Print exactly what the entries say, line by line, from the first line down to the one with "abbrev pub NodeBatchStatus : Type 0", inclusive.

◆ DATA EXTRACTS:
=== Begin Enclosure ===

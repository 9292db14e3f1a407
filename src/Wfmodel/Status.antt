-- ===== src/Wfmodel/Status.antt =====
-- The status codes of pkg/wfmodel/batch_history.go and run_history.go, both int8 in Go.
use capillaries.Prelude.{if◌then◌else◌}
use capillaries.Prelude.Int.{ℤ, pos, int_eq}
use Prim.Native.String.{String}

abbrev pub NodeBatchStatus : Type 0
NodeBatchStatus = ℤ

abbrev pub node_batch_none : NodeBatchStatus
node_batch_none = pos 0

abbrev pub node_batch_start : NodeBatchStatus
node_batch_start = pos 1

abbrev pub node_batch_success : NodeBatchStatus
node_batch_success = pos 2

abbrev pub node_batch_fail : NodeBatchStatus
node_batch_fail = pos 3

abbrev pub node_batch_run_stop_received : NodeBatchStatus
node_batch_run_stop_received = pos 104

unfoldable pub node_batch_status_to_string : NodeBatchStatus → String
node_batch_status_to_string s =
    if int_eq s node_batch_none
    then "none"
    else if int_eq s node_batch_start
    then "start"
    else if int_eq s node_batch_success
    then "success"
    else if int_eq s node_batch_fail
    then "fail"
    else if int_eq s node_batch_run_stop_received
    then "stopreceived"
    else "unknown"

abbrev pub RunStatus : Type 0
RunStatus = ℤ

abbrev pub run_none : RunStatus
run_none = pos 0

abbrev pub run_start : RunStatus
run_start = pos 1

abbrev pub run_complete : RunStatus
run_complete = pos 2

abbrev pub run_stop : RunStatus
run_stop = pos 3

unfoldable pub run_status_to_string : RunStatus → String
run_status_to_string s =
    if int_eq s run_none
    then "none"
    else if int_eq s run_start
    then "start"
    else if int_eq s run_complete
    then "complete"
    else if int_eq s run_stop
    then "stop"
    else "unknown"
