-- ===== src/Prelude/Assoc.antt =====
-- Go maps with string keys, as association lists. A read finds the first entry of a key; a write
-- removes the entries of its key first, so a map built by writes has one entry for a key.
use Prim.Native.Nat.{ℕ, ◌+◌, ◌≤◌}
use mathlib.Core.Path.{◌≡◌, refl, subst₂}
use mathlib.Core.Logic.{inl, inr}
use mathlib.Core.Option.{Option, none, some}
use mathlib.Core.List.{List, [], ◌∷◌}
use native.Mathlib.Omega.{arith}
use capillaries.Prelude.Tests.{if◌then◌else◌, Bool-cases}
use capillaries.Prelude.Lists.{All}
use capillaries.Prelude.Text.{Text, text_eq, text_eq_refl, eq_of_text_eq}

abbrev pub Assoc {ℓ} : Type ℓ → Type ℓ
Assoc V = List (Text × V)

module _ {ℓ} {V : Type ℓ} where
  unfoldable pub lookup : Text → Assoc V → Option V
  lookup k [] = none
  lookup k ((j, v) ∷ m) = if text_eq j k then some v else lookup k m

  -- `delete(m, k)`
  unfoldable pub delete : Text → Assoc V → Assoc V
  delete k [] = []
  delete k ((j, v) ∷ m) = let rest = delete k m in if text_eq j k then rest else (j, v) ∷ rest

  -- `m[k] = v`
  unfoldable pub put : Text → V → Assoc V → Assoc V
  unfolding delete
  put k v m = (k, v) ∷ delete k m

  -- The values, in the order of the list; Go's own order is unspecified.
  abbrev pub values : Assoc V → List V
  values [] = []
  values ((j, v) ∷ m) = v ∷ values m

  -- How many entries a key has.
  abbrev pub count_key : Text → Assoc V → ℕ
  count_key k [] = 0
  count_key k ((j, v) ∷ m) = let rest = count_key k m in if text_eq j k then rest + 1 else rest

  pub lookup-delete :
      (k j : Text) (m : Assoc V)
      → lookup j (delete k m) ≡ (if text_eq k j then none else lookup j m)
  unfolding lookup delete
  lookup-delete k j [] = ground arith
  lookup-delete k j ((i, v) ∷ m) = ground (
    arith,
    lookup-delete k j m,
    eq_of_text_eq i k,
    eq_of_text_eq i j,
    eq_of_text_eq k j,
    text_eq_refl j,
  )

  pub lookup-put :
      (k j : Text) (v : V) (m : Assoc V)
      → lookup j (put k v m) ≡ (if text_eq k j then some v else lookup j m)
  unfolding lookup put
  lookup-put k j v m = ground (arith, lookup-delete k j m)

  pub count_key-delete :
      (k j : Text) (m : Assoc V)
      → count_key j (delete k m) ≡ (if text_eq k j then 0 else count_key j m)
  unfolding delete
  count_key-delete k j [] = ground arith
  count_key-delete k j ((i, v) ∷ m) = ground (
    arith,
    count_key-delete k j m,
    eq_of_text_eq i k,
    eq_of_text_eq i j,
    eq_of_text_eq k j,
    text_eq_refl j,
  )

  pub count_key-put :
      (k j : Text) (v : V) (m : Assoc V)
      → count_key j (put k v m) ≡ (if text_eq k j then 1 else count_key j m)
  unfolding put
  count_key-put k j v m = ground (arith, count_key-delete k j m)

  -- A key is found exactly when it has an entry.
  pub count_key-eq_zero : (k : Text) (m : Assoc V) → lookup k m ≡ none → count_key k m ≡ 0
  unfolding lookup
  count_key-eq_zero k [] h = refl
  count_key-eq_zero k ((j, v) ∷ m) h = ground (arith, count_key-eq_zero k m)

  pub lookup-eq_none : (k : Text) (m : Assoc V) → count_key k m ≡ 0 → lookup k m ≡ none
  unfolding lookup
  lookup-eq_none k [] h = refl
  lookup-eq_none k ((j, v) ∷ m) h = ground (arith, lookup-eq_none k m)

  pub count_key-pos : (k : Text) (m : Assoc V) (v : V) → lookup k m ≡ some v → 1 ≤ count_key k m
  unfolding lookup
  count_key-pos k [] v h = cc
  count_key-pos k ((j, w) ∷ m) v h = ground (arith, count_key-pos k m v)

  pub All-delete {κ} :
      (P : Text × V → Type κ) (k : Text) (m : Assoc V) → All P m → All P (delete k m)
  unfolding delete
  All-delete P k [] h = tt
  All-delete P k ((j, v) ∷ m) h = elim (Bool-cases (text_eq j k)) [
    | inl e ↦ rw e (All-delete P k m h.1)
    | inr e ↦ rw e (h.0, All-delete P k m h.1)
  ]

  -- The entry that a read finds is one of the map's.
  pub All-lookup {κ} :
      (P : Text → V → Type κ) (k : Text) (m : Assoc V) (v : V)
      → All (λ e. P e.0 e.1) m
      → lookup k m ≡ some v
      → P k v
  unfolding lookup
  All-lookup P k [] v h e = cc
  All-lookup P k ((j, w) ∷ m) v h e = elim (Bool-cases (text_eq j k)) [
    | inl t ↦ subst₂ P (eq_of_text_eq j k t) (ground arith) h.0
    | inr f ↦ All-lookup P k m v h.1 (ground arith)
  ]
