-- ===== src/Wfmodel/Row.antt =====
-- pkg/wfmodel/util.go: reading typed fields from a database row, a map from column names to values
-- of dynamic type. Times are instants, in nanoseconds since the Unix epoch.
use Prim.Native.String.{String}
use text.Mathlib.Text.{◌==◌ as str_eq}
use capillaries.Prelude.{◌≡◌, refl, ap, ◌/◌, List, [], ◌∷◌, if◌then◌else◌}
use capillaries.Prelude.Int.{ℤ, pos, negsuc, wrap16}
use capillaries.Prelude.Text.{Text}

abbrev pub Time : Type 0
Time = ℤ

-- `time.Unix(0, 0)`
abbrev pub epoch : Time
epoch = pos 0

-- `time.Time{}`, the first instant of the year 1.
abbrev pub zero_time : Time
zero_time = negsuc 62135596799999999999

-- `t.Unix()`: whole seconds, rounded down.
unfoldable pub unix : Time → ℤ
unix (pos n) = pos (n / 1000000000)
unix (negsuc n) = negsuc (n / 1000000000)

-- The dynamic types that the readers tell apart.
pub data Value : Type 0 where
  int_value : ℤ → Value
  int8_value : ℤ → Value
  int16_value : ℤ → Value
  int32_value : ℤ → Value
  int64_value : ℤ → Value
  text_value : Text → Value
  time_value : Time → Value
  other_value : Value

abbrev pub Row : Type 0
Row = List (String × Value)

-- `r[fieldName]`; a missing name gives nil, which has none of the types.
unfoldable pub field : String → Row → Value
field name [] = other_value
field name ((k, v) ∷ r) = if str_eq k name then v else field name r

-- The errors of the readers and of the deserializers, with the names that their texts report.
pub data RowError : Type 0 where
  cannot_read : String → RowError
  unknown_field : String → RowError
  conflicting_total : ℤ → ℤ → RowError
  invalid_batch : ℤ → ℤ → RowError
  unexpected_sequence : RowError
  dependency_not_affected : Text → RowError

pub data Result {ℓ} (A : Type ℓ) : Type ℓ where
  ok : A → Result A
  err : RowError → Result A

module _ {ℓ κ} {A : Type ℓ} {B : Type κ} where
  infixl 5 ◌>>=◌
  -- The first error is the error of the whole.
  abbrev pub ◌>>=◌ : Result A → (A → Result B) → Result B
  err why >>= next = err why
  ok row >>= next = next row

as_time : String → Value → Result Time
as_time name (time_value t) = ok t
as_time name _ = err (cannot_read name)

unfoldable pub read_time_from_row : String → Row → Result Time
unfolding as_time field
read_time_from_row name r = as_time name (field name r)

-- Any of the integer types is converted by `int16(v)`.
as_int16 : String → Value → Result ℤ
as_int16 name (int_value v) = ok (wrap16 v)
as_int16 name (int8_value v) = ok (wrap16 v)
as_int16 name (int16_value v) = ok (wrap16 v)
as_int16 name (int32_value v) = ok (wrap16 v)
as_int16 name (int64_value v) = ok (wrap16 v)
as_int16 name _ = err (cannot_read name)

unfoldable pub read_int16_from_row : String → Row → Result ℤ
unfolding as_int16 field
read_int16_from_row name r = as_int16 name (field name r)

as_int64 : String → Value → Result ℤ
as_int64 name (int64_value v) = ok v
as_int64 name _ = err (cannot_read name)

unfoldable pub read_int64_from_row : String → Row → Result ℤ
unfolding as_int64 field
read_int64_from_row name r = as_int64 name (field name r)

as_text : String → Value → Result Text
as_text name (text_value v) = ok v
as_text name _ = err (cannot_read name)

unfoldable pub read_string_from_row : String → Row → Result Text
unfolding as_text field
read_string_from_row name r = as_text name (field name r)

-- Both status types are int8.
as_int8 : String → Value → Result ℤ
as_int8 name (int8_value v) = ok v
as_int8 name _ = err (cannot_read name)

unfoldable pub read_run_status_from_row : String → Row → Result ℤ
unfolding as_int8 field
read_run_status_from_row name r = as_int8 name (field name r)

unfoldable pub read_node_batch_status_from_row : String → Row → Result ℤ
unfolding as_int8 field
read_node_batch_status_from_row name r = as_int8 name (field name r)

module _ {ℓ κ} {A : Type ℓ} {B : Type κ} where
  -- Two continuations that agree give equal binds.
  pub >>=-ext :
      (r : Result A) (next other : A → Result B)
      → ((a : A) → next a ≡ other a)
      → (r >>= next) ≡ (r >>= other)
  >>=-ext (ok a) next other agree = agree a
  >>=-ext (err e) next other agree = refl

  -- The parts of a bind that succeeds.
  pub >>=-eq_ok :
      (r : Result A) (next : A → Result B) {b : B}
      → (r >>= next) ≡ ok b
      → (a : A) × (r ≡ ok a) × (next a ≡ ok b)
  >>=-eq_ok (ok a) next h = (a, refl, h)
  >>=-eq_ok (err e) next h = cc

pub ok_injective {ℓ} : {A : Type ℓ} {a b : A} → ok a ≡ ok b → a ≡ b
ok_injective {A} {a} {b} p = ap (value a) p
  where
    value : A → Result A → A
    value c (ok x) = x
    value c (err e) = c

=== End Enclosure ===

◆ ANSWER TO THIS EXERCISE:
repository 9292db14e3f1a407
filename src/Wfmodel/Status.antt
-- ===== src/Wfmodel/Status.antt =====
-- The status codes of pkg/wfmodel/batch_history.go and run_history.go, both int8 in Go.
use capillaries.Prelude.{if◌then◌else◌}
use capillaries.Prelude.Int.{ℤ, pos, int_eq}
use Prim.Native.String.{String}

abbrev pub NodeBatchStatus : Type 0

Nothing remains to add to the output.